What if John Smith had lived?
If the former Labour Leader had survived his second heart attack, what might a John Smith government have achieved? And what would it have meant for Britain today?
If Tony Blair is to be believed, and the “hand of history” is perceptible in moments of national political gravity, then in May 1994, the UK electorate could justifiably feel like history’s hand had grabbed them by the lapel, spun them round, and thrown them unflinching to the curb like an irate bouncer dispatching a teenage drunk from a nightclub queue.
Labour Leader John Smith died suddenly of a heart attack on May 12, altering the course of British political history. Polling had Labour 20 points ahead, John Major had been exposed as an ineffective leader, his government’s reputation for economic competence was in tatters, and the Conservative Party was dogged by accusations of sleaze, making Smith the prime minister Britain never had.
It is difficult to say exactly what would have happened had Smith lived.
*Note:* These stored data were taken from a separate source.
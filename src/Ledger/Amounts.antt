-- ===== src/Ledger/Amounts.antt =====
-- What the checks of an amount have read.
use dex_backend.Base.{ℕ, zero, suc, ◌<◌, ◌≡◌, refl, Option, none, some, arith}
use dex_backend.Result.{ok}
use dex_backend.Text.Bytes.{Str}
use dex_backend.Text.Decimal.{ℤ, pos, negsuc, set_string}
use dex_backend.Text.Decimal.RoundTrip.{set_string-string}
use dex_backend.Text.Decimal.{string}
use dex_backend.Ledger.{positive, validate_positive_amount}

positive-ok : (o : Option ℤ) {x : ℕ} → positive o ≡ ok x → (o ≡ some (pos x)) × (0 < x)
unfolding positive
positive-ok none h = cc
positive-ok (some (pos zero)) h = cc
positive-ok (some (pos (suc n))) h = ground arith
positive-ok (some (negsuc n)) h = cc

-- An amount that is let through is the number that the text says, and positive.
pub positive_amount :
    (raw : Str) {x : ℕ}
    → validate_positive_amount raw ≡ ok x
    → (set_string raw ≡ some (pos x)) × (0 < x)
unfolding validate_positive_amount
positive_amount raw h = positive-ok (set_string raw) h

-- A positive number that is printed is let through.
pub amount_of_string : (n : ℕ) → 0 < n → validate_positive_amount (string n) ≡ ok n
unfolding validate_positive_amount positive
amount_of_string zero h = absurd (omega arith)
amount_of_string (suc n) h = rw (set_string-string (suc n)) refl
Asking “what if” can quickly descend into conjecture. Smith was a long gamer. He was determined not to repeat Neil Kinnock’s speedy and semi-public development of policy that gave the Tories ample time to steal the policies they wanted and let the others go stale by election day. His first two years as Labour leader, therefore, offer scant details on what a hypothetical Smith government’s legislative agenda might have looked like.
Smith’s brand of politics wasn’t capricious, however. It was built on a bedrock of principles, cemented by 24 years as a parliamentarian and 15 years in the shadow cabinet. Taken together, these principles, the relationships he fostered, and his parliamentary and shadow cabinet legacy provide some insight into what a Smith administration might have looked like, and offer a glimpse of an alternative political path tragically denied to the British electorate.
Would Smith have won in 1997?
“There is a small group of rather despicable little creatures who hang around Millbank Tower, who in private will say to you, ‘we could never have won with John Smith’ and they’re very disparaging about him. None of them ever dare to say it in public.”—Ken Livingstone, 1999.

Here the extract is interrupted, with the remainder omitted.